# zire 71 und java



## kara_lahana (5. Mai 2004)

hallo ich bin neu mit java angefangen

vorher hatte ich VB, c und php programmiert daher traue ich mich

ich will ein Wörtebuch die ich auf mein pc benutze 
für Zire 71 palm um programieren.

ich weiss es aber nicht welcher schwerigkeiten auf mich wartet

hat jemand erfahrung damit.


danke.


----------



## tomkruse (7. Mai 2004)

Hi!

Was soll das Programm können? Wort eingeben und Übersetzung liefern?

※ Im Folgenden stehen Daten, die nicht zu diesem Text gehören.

-- ===== src/Server/System/Invariant.antt =====
-- server/server.go: what the map, the managers and their goroutines have to do with each other.
use ae_ro_go.Base.{
  ℕ, ◌≡◌, ◌≢◌, refl, sym, ap, ◌∙◌, ◌⊎◌, inl, inr, true, Bytes, some, length, length-set, get_elem?,
  get_elem?-set_self, get_elem?-set_ne, set, same_or_not,
}
use mathlib.Core.Path.{subst}
use ae_ro_go.Base.Dict.{lookup}
use ae_ro_go.Util.Ema.{Float}
use ae_ro_go.Netstat.Ports.{PortRange}
use ae_ro_go.Server.World.{World}
use ae_ro_go.Server.Manager.{Manager}
use ae_ro_go.Server.Manager.Invariant.{Inv}
use ae_ro_go.Server.Registry.{ServerConfig}
use ae_ro_go.Server.System.{System, Phase, running, buried, new_server, put}

module _ (float : Float) where
  -- A manager that is not buried stands in the map under its id; whatever the map points to is the
  -- manager of that id; and past its loop, `Run` leaves a closed manager.
  pub record Sound (s : System float) : Type 0 where
    pub sized : length s.phases ≡ length s.server.heap
    pub kept : (p : ℕ) (m : Manager float) → get_elem? s.server.heap p ≡ some m → Inv float m
    pub listed :
        (p : ℕ) (m : Manager float)
        → get_elem? s.server.heap p ≡ some m
        → (get_elem? s.phases p ≡ some buried) ⊎ (lookup m.client_id s.server.managers ≡ some p)
    pub owned :
        (k : Bytes) (p : ℕ)
        → lookup k s.server.managers ≡ some p
        → (m : Manager float) × (get_elem? s.server.heap p ≡ some m) × (m.client_id ≡ k)
    pub over :
        (p : ℕ) (m : Manager float)
        → get_elem? s.server.heap p ≡ some m
        → (get_elem? s.phases p ≡ some running) ⊎ (m.closed ≡ true)

  pub new_server-Sound :
      (config : ServerConfig) (range : PortRange) (w : World)
      → Sound (new_server float config range w)
  unfolding lookup
  new_server-Sound config range w = record {
    sized = refl;
    kept = λ p m h. cc;
    listed = λ p m h. cc;
    owned = λ k p h. cc;
    over = λ p m h. cc;
  }

  module _ (s : System float) (p : ℕ) (m m' : Manager float) (phase phase' : Phase) (v : Sound s)
      (at : get_elem? s.server.heap p ≡ some m) (in_phase : get_elem? s.phases p ≡ some phase)
      (keeps : Inv float m') (same_id : m'.client_id ≡ m.client_id)
      (stays : (phase' ≡ buried) ⊎ (lookup m.client_id s.server.managers ≡ some p))
      (ending : (phase' ≡ running) ⊎ (m'.closed ≡ true)) (w : World) (range : PortRange) where
    -- The manager behind a pointer of the new heap: the new one, or one that was there.
    put-elem :
        (q : ℕ) (k : Manager float)
        → get_elem? (set s.server.heap p m') q ≡ some k
        → ((q ≡ p) × (k ≡ m')) ⊎ ((p ≢ q) × (get_elem? s.server.heap q ≡ some k))
    put-elem q k h = elim (same_or_not p q) [
      | inl e ↦
          let h' = subst (λ x. get_elem? (set s.server.heap p m') x ≡ some k) (sym e) h in
          let self = get_elem?-set_self s.server.heap p m' at in inl (sym e, cc)
      | inr n ↦ inr (n, sym (get_elem?-set_ne s.server.heap p q m' n) ∙ h)
    ]

    put-phase : (q : ℕ) → q ≡ p → get_elem? (set s.phases p phase') q ≡ some phase'
    put-phase q e =
        subst (λ x. get_elem? (set s.phases p phase') x ≡ some phase') (sym e)
          (get_elem?-set_self s.phases p phase' in_phase)

    put-listed :
        (q : ℕ) (k : Manager float)
        → get_elem? (set s.server.heap p m') q ≡ some k
        → (get_elem? (set s.phases p phase') q ≡ some buried)
          ⊎ (lookup k.client_id s.server.managers ≡ some q)
    put-listed q k h = elim (put-elem q k h) [
      | inl (e, c) ↦ elim stays [
        | inl b ↦ inl (put-phase q e ∙ ap some b)
        | inr l ↦ inr (
            subst (λ i. lookup i s.server.managers ≡ some q)
              (sym (ap (λ x. x.client_id) c ∙ same_id)) (l ∙ ap some (sym e)))
      ]
      | inr (n, g) ↦ elim (v.listed q k g) [
        | inl b ↦ inl (get_elem?-set_ne s.phases p q phase' n ∙ b)
        | inr l ↦ inr l
      ]
    ]

    put-owned :
        (key : Bytes) (q : ℕ)
        → lookup key s.server.managers ≡ some q
        → (k : Manager float) × (get_elem? (set s.server.heap p m') q ≡ some k)
          × (k.client_id ≡ key)
    put-owned key q h =
        let (k, g, i) = v.owned key q h in
        elim (same_or_not p q) [
          | inl e ↦
              let g' = subst (λ x. get_elem? s.server.heap x ≡ some k) (sym e) g in
              let same : m ≡ k = cc in
              (
                m',
                subst (λ x. get_elem? (set s.server.heap p m') x ≡ some m') e
                    (get_elem?-set_self s.server.heap p m' at),
                same_id ∙ ap (λ x. x.client_id) same ∙ i,
              )
          | inr n ↦ (k, get_elem?-set_ne s.server.heap p q m' n ∙ g, i)
        ]

    put-over :
        (q : ℕ) (k : Manager float)
        → get_elem? (set s.server.heap p m') q ≡ some k
        → (get_elem? (set s.phases p phase') q ≡ some running) ⊎ (k.closed ≡ true)
    put-over q k h = elim (put-elem q k h) [
      | inl (e, c) ↦ elim ending [
        | inl r ↦ inl (put-phase q e ∙ ap some r)
        | inr t ↦ inr (ap (λ x. x.closed) c ∙ t)
      ]
      | inr (n, g) ↦ elim (v.over q k g) [
        | inl b ↦ inl (get_elem?-set_ne s.phases p q phase' n ∙ b)
        | inr t ↦ inr t
      ]
    ]

    pub put-Sound : Sound (put float s p m' w range phase')
    put-Sound = record {
      sized = length-set s.phases p phase' ∙ v.sized ∙ sym (length-set s.server.heap p m');
      kept = λ q k h. elim (put-elem q k h) [
        | inl (e, c) ↦ subst (Inv float) (sym c) keeps
        | inr (n, g) ↦ v.kept q k g
      ];
      listed = put-listed;
      owned = put-owned;
      over = put-over;
    }
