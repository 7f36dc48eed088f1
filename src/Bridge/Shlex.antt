-- ===== src/Bridge/Shlex.antt =====
-- `shlex.split` as handle_gate of bridge.py calls it: words, quotes and escapes, without comments.
use Prim.Native.Char.{Char, code}
use dvk_claude.Common.{
  ℕ, String, Bool, not, ◌&&◌, ◌||◌, List, [], ◌∷◌, ◌=?◌, if◌then◌else◌, onto_head,
}
use dvk_claude.Result.{Result, ok, err, value_error}

-- Between words, in a word, in quotes, and behind a backslash in a word or in quotes.
pub data Mode : Type 0 where
  blank word : Mode
  quoted escaped_in : ℕ → Mode
  escaped : Mode

-- What a character adds to the words.
pub data Emit : Type 0 where
  nothing boundary : Emit
  letter after_backslash : Char → Emit

pub record Step : Type 0 where
  pub mode : Mode
  pub emit : Emit

abbrev go : Mode → Emit → Step
go mode emit = record { mode = mode; emit = emit }

abbrev is_blank_char : ℕ → Bool
is_blank_char c = c =? 32 || c =? 9 || c =? 10 || c =? 13

abbrev is_quote : ℕ → Bool
is_quote c = c =? 34 || c =? 39

abbrev is_backslash : ℕ → Bool
is_backslash c = c =? 92

abbrev pub step : Mode → Char → Step
step blank c =
    if is_blank_char (code c)
    then go blank nothing
    else if is_backslash (code c)
    then go escaped nothing
    else if is_quote (code c)
    then go (quoted (code c)) nothing
    else go word (letter c)
step word c =
    if is_blank_char (code c)
    then go blank boundary
    else if is_quote (code c)
    then go (quoted (code c)) nothing
    else if is_backslash (code c)
    then go escaped nothing
    else go word (letter c)
step (quoted q) c =
    if code c =? q
    then go word nothing
    else if is_backslash (code c) && q =? 34
    then go (escaped_in q) nothing
    else go (quoted q) (letter c)
step (escaped_in q) c =
    if not (is_backslash (code c)) && not (code c =? q)
    then go (quoted q) (after_backslash c)
    else go (quoted q) (letter c)
step escaped c = go word (letter c)

-- The words behind what a character adds; the word that is read stands first.
abbrev pub emitted : Emit → List String → List String
emitted nothing ws = ws
emitted boundary ws = "" ∷ ws
emitted (letter c) ws = onto_head c ws
emitted (after_backslash c) ws = onto_head "\\" (onto_head c ws)

abbrev pub emit_onto : Emit → Result (List String) → Result (List String)
emit_onto e (ok ws) = ok (emitted e ws)
emit_onto e (err x) = err x

abbrev pub ends : Mode → Result (List String)
ends blank = ok []
ends word = ok ("" ∷ [])
ends (quoted q) = err (value_error "No closing quotation")
ends (escaped_in q) = err (value_error "No escaped character")
ends escaped = err (value_error "No escaped character")

unfoldable pub words : Mode → String → Result (List String)
unfolding onto_head
words m String.[] = ends m
words m (String.◌∷◌ c rest) = emit_onto (step m c).emit (words (step m c).mode rest)

-- `shlex.split`
abbrev pub shlex_split : String → Result (List String)
shlex_split = words blank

Auf dem Plam hast Du 2 Möglichkeiten, entweder Du programmierst direkt in C auf PalmOS
oder Du machst das in J2ME. Ersteres ist sicher schneller aber von der Entwicklungszeit her
wohl länger.

Cu - Tom.


----------



## kara_lahana (7. Mai 2004)

> Was soll das Programm können? Wort eingeben und Übersetzung liefern?




ganz genau




			
				tomkruse hat gesagt.:
			
		

> Hi!
> 
> 
> Auf dem Plam hast Du 2 Möglichkeiten, entweder Du programmierst direkt in C auf PalmOS
> ...




J2Me nennt man das!
jetzt weiss ich womit ich anfangen soll


----------